> **DESCRIPTION OF THE TASK**
Below is a listing. Set down exactly the lines from the one containing "elim (Bool-cases (ident_start" through the one containing "app.args (parse_mangled_generic-Shorter (c", both ends included, and leave out the rest.
BEGIN ENTRIES SUPPLIED
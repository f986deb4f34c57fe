-- ===== src/Generics/Collected.antt =====
-- What the constructor of the class Monomorphizer (Compiler/generics.cpp) collects.
use noe_code.Prelude.{In, ◌≡◌, refl, inl, inr, List, [], ◌∷◌, Text, All, Bool-cases}
use noe_code.Ast.{
  FunctionDecl, TopLevel, function_decl, record_decl, import_decl, module_decl, statement,
}
use noe_code.Generics.State.{
  GenericSyntax, Monomorphizer, is_generic, record_params_of, collect_declarations,
}

-- The functions of the list are declared in the program.
abbrev pub AreFrom : List TopLevel → List (Text × FunctionDecl) → Type 0
AreFrom ts fs = All (λ (p : Text × FunctionDecl). In (function_decl p.1) ts) fs

-- What `collect_declarations` leaves, and where the functions that it enters are from.
pub record IsCollected (ts : List TopLevel) (m n : Monomorphizer) : Type 0 where
  pub cache : n.cache ≡ m.cache
  pub instances : n.instances ≡ m.instances
  pub reports : n.diagnostics ≡ m.diagnostics
  pub functions : AreFrom ts m.functions → AreFrom ts n.functions

pub collect_declarations-IsCollected :
    (all : List TopLevel) (syntax : GenericSyntax) (ts : List TopLevel) (m : Monomorphizer)
    → ((t : TopLevel) → In t ts → In t all)
    → IsCollected all m (collect_declarations syntax ts m)
unfolding collect_declarations
collect_declarations-IsCollected all syntax [] m h = record {
  cache = refl;
  instances = refl;
  reports = refl;
  functions = λ k. k;
}
collect_declarations-IsCollected all syntax (function_decl f ∷ ts) m h =
    let r =
      collect_declarations-IsCollected all syntax ts
        (record m { functions = (f.name, f) ∷ m.functions }) (λ t k. h t (inr k)) in
    record {
      cache = r.cache;
      instances = r.instances;
      reports = r.reports;
      functions = λ k. r.functions (h (function_decl f) (inl refl), k);
    }
collect_declarations-IsCollected all syntax (record_decl d ∷ ts) m h =
    elim (Bool-cases (is_generic (record_params_of syntax d))) [
      | inl e ↦
          let ps = record_params_of syntax d in
          let r =
            collect_declarations-IsCollected all syntax ts
              (record m { templates = (d.name, record { params = ps; decl = d }) ∷ m.templates })
              (λ t k. h t (inr k)) in
          rw (e, collect_declarations)
            (record {
              cache = r.cache;
              instances = r.instances;
              reports = r.reports;
              functions = r.functions;
            })
      | inr e ↦
          rw (e, collect_declarations)
            (collect_declarations-IsCollected all syntax ts m (λ t k. h t (inr k)))
    ]
collect_declarations-IsCollected all syntax (import_decl sp x ∷ ts) m h =
    collect_declarations-IsCollected all syntax ts m (λ t k. h t (inr k))
collect_declarations-IsCollected all syntax (module_decl sp x ∷ ts) m h =
    collect_declarations-IsCollected all syntax ts m (λ t k. h t (inr k))
collect_declarations-IsCollected all syntax (statement s ∷ ts) m h =
    collect_declarations-IsCollected all syntax ts m (λ t k. h t (inr k))
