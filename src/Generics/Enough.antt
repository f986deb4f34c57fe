-- ===== src/Generics/Enough.antt =====
-- The fuel of `substitute` and of `bind` (Compiler/generics.cpp).
use noe_code.Prelude.{
  ℕ, zero, suc, ◌+◌, ◌<◌, ◌≡◌, refl, ap, inl, inr, List, [], ◌∷◌, ◌++◌, Text, length, map, if_both,
  Bool-cases, Option-cases, arith,
}
use noe_code.Generics.Mangle.{parse_mangled_generic}
use noe_code.Generics.Substitute.{
  ident, ident_start, take_word, bound_word, substitute_from, substitute,
}
use noe_code.Generics.Bind.{Bindings}
use noe_code.Generics.Lengths.{AreShorter, parse_mangled_generic-Shorter}

take_word-length : (s : Text) → length (take_word s).0 + length (take_word s).1 ≡ length s
unfolding take_word
take_word-length [] = omega arith
take_word-length (c ∷ s) =
    if_both (λ (w : Text × Text). length w.0 + length w.1 ≡ suc (length s)) (ident c)
      (omega (arith, take_word-length s)) (omega arith)

map_same :
    (n : ℕ) (f g : Text → Text)
    → ((t : Text) → length t < n → f t ≡ g t)
    → (ts : List Text) → AreShorter n ts
    → map f ts ≡ map g ts
map_same n f g h [] s = refl
map_same n f g h (t ∷ ts) (l, s) = let p = h t l in let q = map_same n f g h ts s in cc

-- The fuel that `substitute` starts with is enough: with any more it gives the same.
substitute_from-enough :
    (f g : ℕ) (b : Bindings) (v : Text)
    → length v < f
    → length v < g
    → substitute_from f b v ≡ substitute_from g b v
unfolding substitute_from
substitute_from-enough zero g b v l k = absurd (omega arith)
substitute_from-enough (suc f) zero b v l k = absurd (omega arith)
substitute_from-enough (suc f) (suc g) b [] l k = refl
substitute_from-enough (suc f) (suc g) b (c ∷ s) l k =
    let w = take_word s in
    let n = take_word-length s in
    elim (Bool-cases (ident_start c)) [
      | inr e ↦
          rw (e, substitute_from)
            (ap (λ (t : Text). c ∷ t)
              (substitute_from-enough f g b s (omega (arith, l)) (omega (arith, k))))
      | inl e ↦
          let rest = substitute_from-enough f g b w.1 (omega (arith, l, n)) (omega (arith, k, n)) in
          elim (Option-cases (parse_mangled_generic (c ∷ w.0))) [
            | inl p ↦
                rw (e, p, substitute_from) (ap (λ (t : Text). bound_word b (c ∷ w.0) ++ t) rest)
            | inr (app, p) ↦
                let args =
                  map_same (length (c ∷ w.0)) (substitute_from f b) (substitute_from g b)
                    (λ t m.
                      substitute_from-enough f g b t (omega (arith, l, n, m))
                        (omega (arith, k, n, m)))
                    app.args (parse_mangled_generic-Shorter (c ∷ w.0) app p) in
                rw (e, p, args, rest, substitute_from) refl
          ]
    ]

-- `substitute` is the recursion of the source: with any fuel above the length of the text, in
-- particular for each argument of a mangled name in it, the result is that of `substitute`.
pub substitute_from-substitute :
    (f : ℕ) (b : Bindings) (v : Text) → length v < f → substitute_from f b v ≡ substitute v b
unfolding substitute
substitute_from-substitute f b v l = substitute_from-enough f (suc (length v)) b v l (omega arith)
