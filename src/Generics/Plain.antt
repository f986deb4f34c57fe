-- ===== src/Generics/Plain.antt =====
-- Where the first marker of a name stands (Compiler/generics.cpp).
use noe_code.Prelude.{ℕ, zero, ◌≡◌, refl, false, [], ◌∷◌, ◌++◌, Text, codes, ◌/◌, ◌%◌, arith}
use noe_code.Generics.Hex.{hex_encode, hex_digit_ne}
use noe_code.Generics.Mangle.{generic_marker, begins_with, pieces}

-- No part of the text is `__nqg`, so that no marker starts in the text, whatever follows it.
unfoldable pub IsPlain : Text → Type 0
IsPlain [] = Unit
IsPlain (c ∷ s) = (begins_with (codes "__nqg") (c ∷ s) ≡ false) × IsPlain s

pub hex_encode-IsPlain : (s : Text) → IsPlain (hex_encode s)
unfolding IsPlain hex_encode begins_with
hex_encode-IsPlain [] = tt
hex_encode-IsPlain (c ∷ s) =
    let p = hex_digit_ne (c / 16) in
    let q = hex_digit_ne (c % 16) in (rw p refl, (rw q refl, hex_encode-IsPlain s))

marker_apart :
    (c : ℕ) (s t : Text)
    → begins_with (codes "__nqg") (c ∷ s) ≡ false
    → begins_with generic_marker (c ∷ (s ++ (generic_marker ++ t))) ≡ false
unfolding begins_with
marker_apart c [] t h = ground arith
marker_apart c (d ∷ []) t h = ground arith
marker_apart c (d ∷ e ∷ []) t h = ground arith
marker_apart c (d ∷ e ∷ f ∷ []) t h = ground arith
marker_apart c (d ∷ e ∷ f ∷ g ∷ s) t h = ground arith

marker_absent :
    (c : ℕ) (s : Text)
    → begins_with (codes "__nqg") (c ∷ s) ≡ false
    → begins_with generic_marker (c ∷ s) ≡ false
unfolding begins_with
marker_absent c [] h = ground arith
marker_absent c (d ∷ []) h = ground arith
marker_absent c (d ∷ e ∷ []) h = ground arith
marker_absent c (d ∷ e ∷ f ∷ []) h = ground arith
marker_absent c (d ∷ e ∷ f ∷ g ∷ s) h = ground arith

pub pieces_plain : (s : Text) → IsPlain s → pieces zero s ≡ (s, [])
unfolding pieces IsPlain
pieces_plain [] h = refl
pieces_plain (c ∷ s) (p, h) = rw (marker_absent c s p, pieces_plain s h) refl

pub pieces_marked :
    (s t : Text)
    → IsPlain s
    → pieces zero (s ++ (generic_marker ++ t)) ≡ (s, (pieces zero t).0 ∷ (pieces zero t).1)
unfolding pieces IsPlain begins_with
pieces_marked [] t h = refl
pieces_marked (c ∷ s) t (p, h) = rw (marker_apart c s t p, pieces_marked s t h) refl
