-- ===== src/Generics/Names.antt =====
-- The name of a generic application is read back (Compiler/generics.cpp).
use mathlib.Core.List.{append-nil}
use noe_code.Prelude.{ℕ, zero, ◌≡◌, refl, List, [], ◌∷◌, ◌++◌, some, Text, map, All, if_both, ◌<◌}
use noe_code.Generics.Hex.{hex_encode, hex_decode-hex_encode, IsBytes}
use noe_code.Generics.Mangle.{
  is_blank, trim, trim_start, trim_end, keep_end, mangle_args, mangle_generic, pieces, decode_all,
  application, parse_mangled_generic,
}
use noe_code.Generics.Plain.{IsPlain, hex_encode-IsPlain, pieces_plain, pieces_marked}

pieces-mangle_args :
    (base : Text) (args : List Text)
    → IsPlain base
    → pieces zero (base ++ mangle_args args) ≡ (base, map (λ a. hex_encode (trim a)) args)
unfolding mangle_args
pieces-mangle_args base [] h = rw (append-nil base) (pieces_plain base h)
pieces-mangle_args base (arg ∷ args) h =
    rw
      (
        pieces_marked base (hex_encode (trim arg) ++ mangle_args args) h,
        pieces-mangle_args (hex_encode (trim arg)) args (hex_encode-IsPlain (trim arg)),
      )
      refl

trim_start-IsBytes : (s : Text) → IsBytes s → IsBytes (trim_start s)
unfolding trim_start
trim_start-IsBytes [] h = tt
trim_start-IsBytes (c ∷ s) (b, h) =
    if_both (λ (t : Text). IsBytes t) (is_blank c) (trim_start-IsBytes s h) (b, h)

keep_end-IsBytes : (c : ℕ) (s : Text) → c < 256 → IsBytes s → IsBytes (keep_end c s)
unfolding keep_end
keep_end-IsBytes c [] b h = if_both (λ (t : Text). IsBytes t) (is_blank c) tt (b, tt)
keep_end-IsBytes c (d ∷ s) b h = (b, h)

trim_end-IsBytes : (s : Text) → IsBytes s → IsBytes (trim_end s)
unfolding trim_end
trim_end-IsBytes [] h = tt
trim_end-IsBytes (c ∷ s) (b, h) = keep_end-IsBytes c (trim_end s) b (trim_end-IsBytes s h)

trim-IsBytes : (s : Text) → IsBytes s → IsBytes (trim s)
unfolding trim
trim-IsBytes s h = trim_end-IsBytes (trim_start s) (trim_start-IsBytes s h)

decode_all-IsBytes :
    (args : List Text)
    → All IsBytes args
    → decode_all (map (λ a. hex_encode (trim a)) args) ≡ some (map trim args)
unfolding decode_all
decode_all-IsBytes [] h = refl
decode_all-IsBytes (arg ∷ args) (b, h) =
    rw (hex_decode-hex_encode (trim arg) (trim-IsBytes arg b), decode_all-IsBytes args h) refl

-- Reading the name of a generic application gives the base and the arguments without the white space
-- around them, where there is an argument, the arguments are bytes and the base is not empty and has
-- no `__nqg` in it.
pub parse_mangled_generic-mangle_generic :
    (c : ℕ) (base : Text) (arg : Text) (args : List Text)
    → IsPlain (c ∷ base)
    → All IsBytes (arg ∷ args)
    → parse_mangled_generic (mangle_generic (c ∷ base) (arg ∷ args))
      ≡ some (record { base = c ∷ base; args = map trim (arg ∷ args) })
unfolding parse_mangled_generic mangle_generic application
parse_mangled_generic-mangle_generic c base arg args p h =
    rw (pieces-mangle_args (c ∷ base) (arg ∷ args) p, decode_all-IsBytes (arg ∷ args) h) refl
END ENTRIES SUPPLIED
> **SOLUTION TO THIS PROBLEM**
    elim (Bool-cases (ident_start c)) [
      | inr e ↦
          rw (e, substitute_from)
            (ap (λ (t : Text). c ∷ t)
              (substitute_from-enough f g b s (omega (arith, l)) (omega (arith, k))))
      | inl e ↦
          let rest = substitute_from-enough f g b w.1 (omega (arith, l, n)) (omega (arith, k, n)) in
          elim (Option-cases (parse_mangled_generic (c ∷ w.0))) [
            | inl p ↦
                rw (e, p, substitute_from) (ap (λ (t : Text). bound_word b (c ∷ w.0) ++ t) rest)
            | inr (app, p) ↦
                let args =
                  map_same (length (c ∷ w.0)) (substitute_from f b) (substitute_from g b)
                    (λ t m.
                      substitute_from-enough f g b t (omega (arith, l, n, m))
                        (omega (arith, k, n, m)))
                    app.args (parse_mangled_generic-Shorter (c ∷ w.0) app p) in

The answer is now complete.